Le rally de la semaine dernière, qui se prolongeait hier, a également ouvert de nouvelles perspectives en termes d’analyse technique et l’expert que nous consultons régulièrement nous signalait hier que l’objectif pour le 10 ans se situe désormais à 1,41%. Cela rejoint plus ou moins notre objectif à moyen terme et nous verrons bien si l’inquiétude grandit et s’empare des marchés actions. Car pour atteindre un tel objectif proche de 1,4%, il faudrait que Wall Street décroche significativement et ce n’est pas garanti du tout! Nous verrons également fleurir dans les jours qui viennent des études mesurant l’impact du coronavirus sur la croissance chinoise, sur le commerce mondial, sur des secteurs économiques particuliers (automobile par exemple puisque Wuhan est connu pour héberger de nombreux sites de production) ou sur le prix de certaines matières premières. Par conséquent, ce nouvel environnement, éphémère espérons-le, va-t-il avoir une influence sur le prochain FOMC qui se termine demain soir?

Un FOMC plus incertain?

Nous attendions une Fed droite dans ses bottes, affirmant que la gestion monétaire serait en statuquo tout au long de l’année compte tenu de la vigueur de l’économie US (avec preuves à l’appui, les récents chiffres de l’emploi et des housing starts). Compte tenu des récents événements en Chine, va-t-on assister à un FOMC un peu moins prévisible? Est-il trop tôt pour que Jerome Powell fasse allusion au coronavirus comme risque potentiel sur la croissance et le commerce mais aussi comme facteur déflationniste? 

Il serait surprenant que la Fed se permette un langage trop hawkish au risque
de devoir faire un virage à 180 degrés si jamais les choses tournaient mal.

Comme les banquiers centraux sont de plus en plus les yeux rivés sur Wall Street, ils vont sans doute se rappeler qu’entre novembre 2002 et mars 2004 un autre coronavirus avait fait baisser le Dow Jones et le S&P 500 de 17%. Certes, il y a de très nombreuses différences entre les deux événements mais il serait surprenant que la Fed, dans de telles circonstances, se permette un langage trop hawkish au risque de devoir faire un virage à 180 degrés si jamais les choses tournaient mal. Il ne faut pas insulter l’avenir et ce dernier étant plus incertain depuis huit jours, la sagesse voudrait que Jay Powell fasse allusion à ce nouveau risque. Il devra aussi nous parler du marché du repo, tenu à bout de bras à coup de milliards de dollars sans que le mal disparaisse totalement. Il devra peut-être ajouter un mot sur l’indépendance de la Fed et sur l’efficacité de sa politique après la dernière salve de Donald Trump. 

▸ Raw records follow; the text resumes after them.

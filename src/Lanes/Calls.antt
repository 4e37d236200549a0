-- ===== src/Lanes/Calls.antt =====
-- The list of suspended `acquire` calls: what the handlers of lanes.py do to the futures in it.
use worker_harness.Base.{
  ℕ, suc, ◌+◌, ◌≤◌, ◌<◌, ◌≡◌, refl, ◌⊎◌, inl, inr, List, [], ◌∷◌, ◌++◌, length, arith,
  if◌then◌else◌, false,
}
use worker_harness.Lanes.{
  Future, pending, finished, cancelled, Call, is_pending, is_finished, future_of, set_future,
  forget, remove_waiter, contains, cancel_all,
}

-- The futures of the queued calls, oldest first.
unfoldable pub pending_ids : List Call → List ℕ
pending_ids [] = []
pending_ids (c ∷ cs) = if is_pending c.future then c.waiter ∷ pending_ids cs else pending_ids cs

-- How many suspended calls already own a slot.
unfoldable pub count_finished : List Call → ℕ
count_finished [] = 0
count_finished (c ∷ cs) = (if is_finished c.future then 1 else 0) + count_finished cs

-- Calls stand in the order in which they began, under distinct numbers.
abbrev pub Ascending : ℕ → ℕ → List Call → Type 0
Ascending lo hi [] = lo ≤ hi
Ascending lo hi (c ∷ cs) = (lo ≤ c.waiter) × Ascending (suc c.waiter) hi cs

Ascending-le : (lo hi : ℕ) (cs : List Call) → Ascending lo hi cs → lo ≤ hi
Ascending-le lo hi [] h = h
Ascending-le lo hi (c ∷ cs) h = omega (arith, Ascending-le (suc c.waiter) hi cs h.1)

Ascending-lower :
    (lo lo' hi : ℕ) (cs : List Call) → lo' ≤ lo → Ascending lo hi cs → Ascending lo' hi cs
Ascending-lower lo lo' hi [] l h = omega arith
Ascending-lower lo lo' hi (c ∷ cs) l h = (omega arith, h.1)

pub append-Ascending :
    (lo hi : ℕ) (cs : List Call) (f : Future)
    → Ascending lo hi cs
    → Ascending lo (suc hi) (cs ++ record { waiter = hi; future = f } ∷ [])
append-Ascending lo hi [] f h = (h, omega arith)
append-Ascending lo hi (c ∷ cs) f h = (h.0, append-Ascending (suc c.waiter) hi cs f h.1)

pub set_future-Ascending :
    (w : ℕ) (f : Future) (lo hi : ℕ) (cs : List Call)
    → Ascending lo hi cs
    → Ascending lo hi (set_future w f cs)
unfolding set_future
set_future-Ascending w f lo hi [] h = h
set_future-Ascending w f lo hi (c ∷ cs) h =
    ground (arith, set_future-Ascending w f (suc c.waiter) hi cs h.1)

pub forget-Ascending :
    (w lo hi : ℕ) (cs : List Call) → Ascending lo hi cs → Ascending lo hi (forget w cs)
unfolding forget
forget-Ascending w lo hi [] h = h
forget-Ascending w lo hi (c ∷ cs) h =
    ground
      (arith, forget-Ascending w (suc c.waiter) hi cs h.1, Ascending-lower (suc c.waiter) lo hi cs)

-- A pending future is one of the calls', and so not below the first number.
future_of_low :
    (w lo hi : ℕ) (cs : List Call) → Ascending lo hi cs → w < lo → future_of w cs ≡ cancelled
unfolding future_of
future_of_low w lo hi [] h l = refl
future_of_low w lo hi (c ∷ cs) h l = ground (arith, future_of_low w (suc c.waiter) hi cs h.1)

head_pending :
    (lo hi : ℕ) (cs : List Call) (w : ℕ) (ws : List ℕ)
    → Ascending lo hi cs
    → pending_ids cs ≡ w ∷ ws
    → lo ≤ w
unfolding pending_ids
head_pending lo hi [] w ws h e = absurd (cc)
head_pending lo hi (c ∷ cs) w ws h e = ground (arith, head_pending (suc c.waiter) hi cs w ws h.1)

pub future_of_head :
    (lo hi : ℕ) (cs : List Call) (w : ℕ) (ws : List ℕ)
    → Ascending lo hi cs
    → pending_ids cs ≡ w ∷ ws
    → future_of w cs ≡ pending
unfolding pending_ids future_of
future_of_head lo hi [] w ws h e = absurd (cc)
future_of_head lo hi (c ∷ cs) w ws h e = ground (
  arith,
  future_of_head (suc c.waiter) hi cs w ws h.1,
  head_pending (suc c.waiter) hi cs w ws h.1,
)

-- The oldest waiter gets the slot: it leaves the queue, and one more call owns a slot.
pub grant_head :
    (lo hi : ℕ) (cs : List Call) (w : ℕ) (ws : List ℕ)
    → Ascending lo hi cs
    → pending_ids cs ≡ w ∷ ws
    → (pending_ids (set_future w finished cs) ≡ ws)
      × (count_finished (set_future w finished cs) ≡ suc (count_finished cs))
unfolding pending_ids count_finished set_future
grant_head lo hi [] w ws h e = absurd (cc)
grant_head lo hi (c ∷ cs) w ws h e =
    ground
      (arith, grant_head (suc c.waiter) hi cs w ws h.1, head_pending (suc c.waiter) hi cs w ws h.1)

pub future_of-set_finished :
    (w v : ℕ) (cs : List Call)
    → future_of w cs ≡ finished
    → future_of w (set_future v finished cs) ≡ finished
unfolding future_of set_future
future_of-set_finished w v [] h = absurd (cc)
future_of-set_finished w v (c ∷ cs) h = ground (arith, future_of-set_finished w v cs)

-- A call that owns a slot and ends takes its slot with it, and waits for nothing.
pub forget_finished :
    (w : ℕ) (cs : List Call)
    → future_of w cs ≡ finished
    → (pending_ids (forget w cs) ≡ pending_ids cs)
      × (suc (count_finished (forget w cs)) ≡ count_finished cs)
unfolding future_of forget pending_ids count_finished
forget_finished w [] h = absurd (cc)
forget_finished w (c ∷ cs) h = ground (arith, forget_finished w cs)

contains_low :
    (w lo hi : ℕ) (cs : List Call)
    → Ascending lo hi cs
    → w < lo
    → contains w (pending_ids cs) ≡ false
unfolding contains pending_ids
contains_low w lo hi [] h l = refl
contains_low w lo hi (c ∷ cs) h l = ground (arith, contains_low w (suc c.waiter) hi cs h.1)

-- Who stands in the deque is pending, and who is pending stands in the deque.
pub contains-pending_ids :
    (w lo hi : ℕ) (cs : List Call)
    → Ascending lo hi cs
    → contains w (pending_ids cs) ≡ is_pending (future_of w cs)
unfolding contains pending_ids future_of
contains-pending_ids w lo hi [] h = refl
contains-pending_ids w lo hi (c ∷ cs) h = ground (
  arith,
  contains-pending_ids w (suc c.waiter) hi cs h.1,
  contains_low w (suc c.waiter) hi cs h.1,
)

-- A call that gives up its place in the deque leaves the order of the others as it was.
pub forget_pending :
    (w lo hi : ℕ) (cs : List Call)
    → Ascending lo hi cs
    → future_of w cs ≡ pending
    → (remove_waiter w (pending_ids cs) ≡ pending_ids (forget w (set_future w cancelled cs)))
      × (count_finished (forget w (set_future w cancelled cs)) ≡ count_finished cs)
unfolding future_of forget set_future pending_ids count_finished remove_waiter
forget_pending w lo hi [] h e = absurd (cc)
forget_pending w lo hi (c ∷ cs) h e = ground (arith, forget_pending w (suc c.waiter) hi cs h.1)

-- Nothing is lost with a call whose future was cancelled.
pub forget_cancelled :
    (w : ℕ) (cs : List Call)
    → future_of w cs ≡ cancelled
    → (pending_ids (forget w cs) ≡ pending_ids cs)
      × (count_finished (forget w cs) ≡ count_finished cs)
unfolding future_of forget pending_ids count_finished
forget_cancelled w [] h = (refl, refl)
forget_cancelled w (c ∷ cs) h = ground (arith, forget_cancelled w cs)

pub append_pending :
    (w : ℕ) (cs : List Call)
    → (pending_ids (cs ++ record { waiter = w; future = pending } ∷ []) ≡ pending_ids cs ++ w ∷ [])
      × (count_finished (cs ++ record { waiter = w; future = pending } ∷ []) ≡ count_finished cs)
unfolding pending_ids count_finished
append_pending w [] = (refl, refl)
append_pending w (c ∷ cs) = ground (arith, append_pending w cs)

-- Shutdown cancels whoever waits, and takes no slot from those that own one.
pub cancel_head :
    (lo hi : ℕ) (cs : List Call) (w : ℕ) (ws : List ℕ)
    → Ascending lo hi cs
    → pending_ids cs ≡ w ∷ ws
    → (pending_ids (set_future w cancelled cs) ≡ ws)
      × (count_finished (set_future w cancelled cs) ≡ count_finished cs)
unfolding pending_ids count_finished set_future
cancel_head lo hi [] w ws h e = absurd (cc)
cancel_head lo hi (c ∷ cs) w ws h e =
    ground
      (arith, cancel_head (suc c.waiter) hi cs w ws h.1, head_pending (suc c.waiter) hi cs w ws h.1)

pub cancel_all_lem :
    (lo hi : ℕ) (ws : List ℕ) (cs : List Call)
    → Ascending lo hi cs
    → pending_ids cs ≡ ws
    → (pending_ids (cancel_all ws cs) ≡ [])
      × (count_finished (cancel_all ws cs) ≡ count_finished cs)
      × Ascending lo hi (cancel_all ws cs)
unfolding cancel_all
cancel_all_lem lo hi [] cs h e = (e, refl, h)
cancel_all_lem lo hi (w ∷ ws) cs h e = rw (future_of_head lo hi cs w ws h e) (
    ground (
      arith,
      cancel_head lo hi cs w ws h e,
      cancel_all_lem lo hi ws (set_future w cancelled cs)
          (set_future-Ascending w cancelled lo hi cs h) (cancel_head lo hi cs w ws h e).0,
    ))

pub Future-cases : (f : Future) → (f ≡ pending) ⊎ (f ≡ finished) ⊎ (f ≡ cancelled)
Future-cases pending = inl refl
Future-cases finished = inr (inl refl)
Future-cases cancelled = inr (inr refl)

pub length-remove_waiter : (w : ℕ) (ws : List ℕ) → length (remove_waiter w ws) ≤ length ws
unfolding remove_waiter
length-remove_waiter w [] = omega arith
length-remove_waiter w (v ∷ ws) = ground (arith, length-remove_waiter w ws)

pub contains_of_nil : (w : ℕ) (ws : List ℕ) → ws ≡ [] → contains w ws ≡ false
unfolding contains
contains_of_nil w ws e = rw e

Le Président a en effet déclaré que si la Fed n’avait pas monté ses taux en 2018, la croissance US aurait atteint 4% en 2019. Il a ensuite nuancé ses propos en ajoutant que l’affaire Boeing et la grève chez GM ont également joué un rôle significatif. Sur les marchés, les probabilités de baisse de taux de la Fed ont évolué sensiblement. En une semaine, la probabilité d’une baisse de taux est passée de 9% à 39% le 10 juin, de 19% à 62% le 29 juillet et de 46% à 89% le 16 septembre. Une baisse de 25 bp des Fed funds le 5 novembre est dorénavant anticipée par tout le monde alors que la probabilité atteignait 58% mardi dernier. Cela promet donc un FOMC un peu plus incertain que prévu.